I like the idea of the port for the new stuff but they also have it setup so you can change the valve with draining because it has a dry well but its plastic! 

http://www.bradfordwhite.com/icon.asp


----------



## Pipedoc (Jun 14, 2009)

I watched both videos.

Bradford White is also marketing the Icon as a replacement system for other brand heaters as well. *FVIR* and pre FVIR.

It sounds great. One set up for most heaters.

Only one question. What about liability? What do you all think about potential liability on installing this on another manufacturers FVIR water heater?


----------



## fiferjason (Oct 22, 2009)

*ICON Gas Valve*

The ICON gas valve is proprietary to Bradford White water heaters only. Additionally, it can only be utilized on Bradford White FVIR and Pre-FVIR mdoels. It cannot be utilized on other manufacturers becuase of the design.

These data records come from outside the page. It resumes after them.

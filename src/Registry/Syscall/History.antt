-- ===== src/Registry/Syscall/History.antt =====
-- The registry of system calls as a set, with the system call table beside it.
use soa_repo.Base.{
  ℕ, ◌<◌, ◌≡◌, ◌∙◌, refl, ap, arith, List, Option, none, some, Bool, true, false, ◌==◌,
  if◌then◌else◌, ℤ, count, ◌∷◌,
}
use soa_repo.Kernel.{Kernel}
use soa_repo.State.{State, is, kfree-cons}
use soa_repo.Registry.Validity.{IsValid, IsFresh}
use soa_repo.Registry.Histories.{
  Change, registers, deregisters, changed, answer, specified, Registry, run, AreAllowed,
  run-specified, run-IsValid,
}
use soa_repo.Registry.Syscall.{register_system_call, deregister_system_call, check_syscall}
use soa_repo.Registry.Syscall.Validity.{
  register_system_call-IsValid, deregister_system_call-IsValid,
}
use soa_repo.Registry.Syscall.Lookup.{
  register_system_call-check_syscall, deregister_system_call-check_syscall,
}

-- What the two calls of kmalloc give, and what the new statistics hold where nothing is written.
pub record Blocks : Type 0 where
  pub stats : Option ℕ
  pub new_hack : Option ℕ
  pub junk : List ℕ

abbrev both : Option ℕ → Option ℕ → Bool
both (some stats) (some new_hack) = true
both (some stats) none = false
both none new_hack = false

abbrev pub are_enough : Blocks → Bool
are_enough b = both b.stats b.new_hack

module _ (K : Kernel) where
  -- A system call in range.
  abbrev pub Number : Type 0
  Number = (nr : ℕ) × (nr < K.nr_syscalls)

  abbrev pub same_number : Number → Number → Bool
  same_number a b = a.0 == b.0

  unfoldable pub change_syscall : Change Blocks Number → State K → State K × ℤ
  change_syscall (registers b k) s = register_system_call K b.stats b.new_hack b.junk k.0 s
  change_syscall (deregisters k) s = deregister_system_call K k.0 s

  abbrev AreFresh : Option ℕ → Option ℕ → State K → Type 0
  AreFresh none new_hack s = Unit
  AreFresh (some stats) none s = Unit
  AreFresh (some stats) (some new_hack) s =
      IsFresh K stats s × (count (is new_hack) (stats ∷ s.heap) ≡ 0)

  -- kmalloc gives out no block that is out already.
  abbrev pub SyscallIsAllowed : Change Blocks Number → State K → Type 0
  SyscallIsAllowed (registers b k) s = AreFresh b.stats b.new_hack s
  SyscallIsAllowed (deregisters k) s = Unit

  module _ (original : ℕ → ℕ) (s : State K) (v : IsValid K original s) where
    registers-IsValid :
        (stats new_hack : Option ℕ) (junk : List ℕ) (k : Number)
        → AreFresh stats new_hack s
        → IsValid K original (register_system_call K stats new_hack junk k.0 s).0
    unfolding register_system_call
    registers-IsValid none new_hack junk k fresh = v
    registers-IsValid (some stats) none junk k fresh = rw (kfree-cons stats s.heap) v
    registers-IsValid (some stats) (some new_hack) junk k (fresh, fresh') =
        register_system_call-IsValid K original s v k.0 stats new_hack junk fresh fresh' k.1

    registers-answer :
        (stats new_hack : Option ℕ) (junk : List ℕ) (k : Number)
        → AreFresh stats new_hack s
        → (register_system_call K stats new_hack junk k.0 s).1
          ≡ answer are_enough same_number
              (λ (u : Number). check_syscall K u.0 s)
              (registers (record { stats = stats; new_hack = new_hack; junk = junk }) k)
    unfolding register_system_call
    registers-answer none new_hack junk k fresh = refl
    registers-answer (some stats) none junk k fresh = refl
    registers-answer (some stats) (some new_hack) junk k (fresh, fresh') =
        (register_system_call-check_syscall K original s v k.0 k.1 stats new_hack junk k.0 fresh
          fresh' k.1).0

    registers-check :
        (stats new_hack : Option ℕ) (junk : List ℕ) (k : Number)
        → AreFresh stats new_hack s
        → (w : Number)
        → check_syscall K w.0 (register_system_call K stats new_hack junk k.0 s).0
          ≡ changed are_enough same_number
              (λ (u : Number). check_syscall K u.0 s)
              (registers (record { stats = stats; new_hack = new_hack; junk = junk }) k)
              w
    unfolding register_system_call check_syscall
    registers-check none new_hack junk k fresh w = refl
    registers-check (some stats) none junk k fresh w = refl
    registers-check (some stats) (some new_hack) junk k (fresh, fresh') w =
        (register_system_call-check_syscall K original s v k.0 k.1 stats new_hack junk w.0 fresh
          fresh' w.1).1

  module _ (original : ℕ → ℕ) where
    pub change_syscall-IsValid :
        (s : State K) (c : Change Blocks Number)
        → IsValid K original s
        → SyscallIsAllowed c s
        → IsValid K original (change_syscall c s).0
    unfolding change_syscall
    change_syscall-IsValid s (registers b k) v fresh =
        registers-IsValid original s v b.stats b.new_hack b.junk k fresh
    change_syscall-IsValid s (deregisters k) v fresh =
        deregister_system_call-IsValid K original s v k.0 k.1

    pub change_syscall-answer :
        (s : State K) (c : Change Blocks Number)
        → IsValid K original s
        → SyscallIsAllowed c s
        → (change_syscall c s).1
          ≡ answer are_enough same_number (λ (w : Number). check_syscall K w.0 s) c
    unfolding change_syscall
    change_syscall-answer s (registers b k) v fresh =
        registers-answer original s v b.stats b.new_hack b.junk k fresh
    change_syscall-answer s (deregisters k) v fresh =
        (deregister_system_call-check_syscall K original s v k.0 k.1 k.0 k.1).0

    pub change_syscall-check :
        (s : State K) (c : Change Blocks Number)
        → IsValid K original s
        → SyscallIsAllowed c s
        → (w : Number)
        → check_syscall K w.0 (change_syscall c s).0
          ≡ changed are_enough same_number (λ (u : Number). check_syscall K u.0 s) c w
    unfolding change_syscall
    change_syscall-check s (registers b k) v fresh w =
        registers-check original s v b.stats b.new_hack b.junk k fresh w
    change_syscall-check s (deregisters k) v fresh w =
        (deregister_system_call-check_syscall K original s v k.0 k.1 w.0 w.1).1

    abbrev pub syscall_registry : Registry K original Blocks Number
    syscall_registry = record {
      is_enough = are_enough;
      same = same_number;
      apply = change_syscall;
      check = λ w. check_syscall K w.0;
      IsAllowed = SyscallIsAllowed;
      apply-IsValid = change_syscall-IsValid;
      apply-answer = change_syscall-answer;
      apply-check = change_syscall-check;
    }

    table-check :
        (s : State K) (w : Number)
        → IsValid K original s
        → s.hacked_syscall_tbl w.0
          ≡ (if check_syscall K w.0 s == 0 then original w.0 else K.wrapper_address)
    unfolding check_syscall
    table-check s w v =
        rw (K.nospec_in_range w.0 K.nr_syscalls w.1) (ground (arith, v.hacks.patched w.0))

    -- Any history of registrations, with or without memory at hand, and deregistrations of system
    -- calls in range, from a valid state and with each kmalloc giving out a block that is not out: the
    -- answers are those of a set, -EEXIST for the registration of a member, -ENOENT for the
    -- deregistration of any other and -ENOMEM without memory; afterwards check_syscall answers just
    -- what the set holds, and the system call table sends the members to the wrapper and the others
    -- where they went before the module was loaded.
    pub syscall_registry-specified :
        (s : State K) (cs : List (Change Blocks Number))
        → IsValid K original s
        → AreAllowed syscall_registry s cs
        → ((run syscall_registry s cs).1
            ≡ (specified are_enough same_number (λ (w : Number). check_syscall K w.0 s) cs).1)
          × ((w : Number)
              → check_syscall K w.0 (run syscall_registry s cs).0
                ≡ (specified are_enough same_number (λ (u : Number). check_syscall K u.0 s) cs).0 w)
          × ((w : Number)
              → (run syscall_registry s cs).0.hacked_syscall_tbl w.0 ≡ (
                  if (specified are_enough same_number (λ (u : Number). check_syscall K u.0 s) cs).0
                      w
                    == 0
                  then original w.0
                  else K.wrapper_address))
    syscall_registry-specified s cs v allowed =
        let (answers, members) = run-specified syscall_registry s cs v allowed in
        let valid = run-IsValid syscall_registry s cs v allowed in
        (
          answers,
          members,
          λ w.
              table-check (run syscall_registry s cs).0 w valid
              ∙ ap (λ (m : ℕ). if m == 0 then original w.0 else K.wrapper_address) (members w),
        )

If you have any additional questions regarding this I will be more that willing to help you out. 

Thank you,

Jason Fifer
Product Manager
Bradford White Corporation


----------



## Airgap (Dec 18, 2008)

fiferjason said:


> The ICON gas valve is proprietary to Bradford White water heaters only. Additionally, it can only be utilized on Bradford White FVIR and Pre-FVIR mdoels. It cannot be utilized on other manufacturers becuase of the design.
> 
> If you have any additional questions regarding this I will be more that willing to help you out.
> 
> ...


 Thanks. I could use a new BW hat, and any other cool stuff you could give away.:whistling2:


----------



## TheMaster (Jun 12, 2009)

Does B&W still have a cast iron burner that's way over built?


----------



## Protech (Sep 22, 2008)

I don't have a question, more of some feedback. You guys should really stop using the apcom brand thermostats in your electric models. I know based on what the members here say that your company produces some of the most reliable gas heaters on the market, but your electrics are another matter.

I do work for a property management company that owns a few hundred properties in central Florida and the majority of them have bradford white electric heaters. Every time
I get a call on one of your company’s heaters it's always the same thing. 
Resident complains of "no hot water". I go out and the high limit disk is tripped. Apon closer inspection I find that one of the 2 thermostat bodies have delaminated causing the stat to lock into the "on" position. Seeing as how most of these heaters are 2-4 years old, I find this unacceptable. Now I should clarify that we are talking about apcom's product and I do get many non-bradford what heaters that also have failed apcoms. If you would like to keep your reputation as the top dog I would recommend that you stop buying apcom's thermostats and start using thermodisk brand thermostats instead. 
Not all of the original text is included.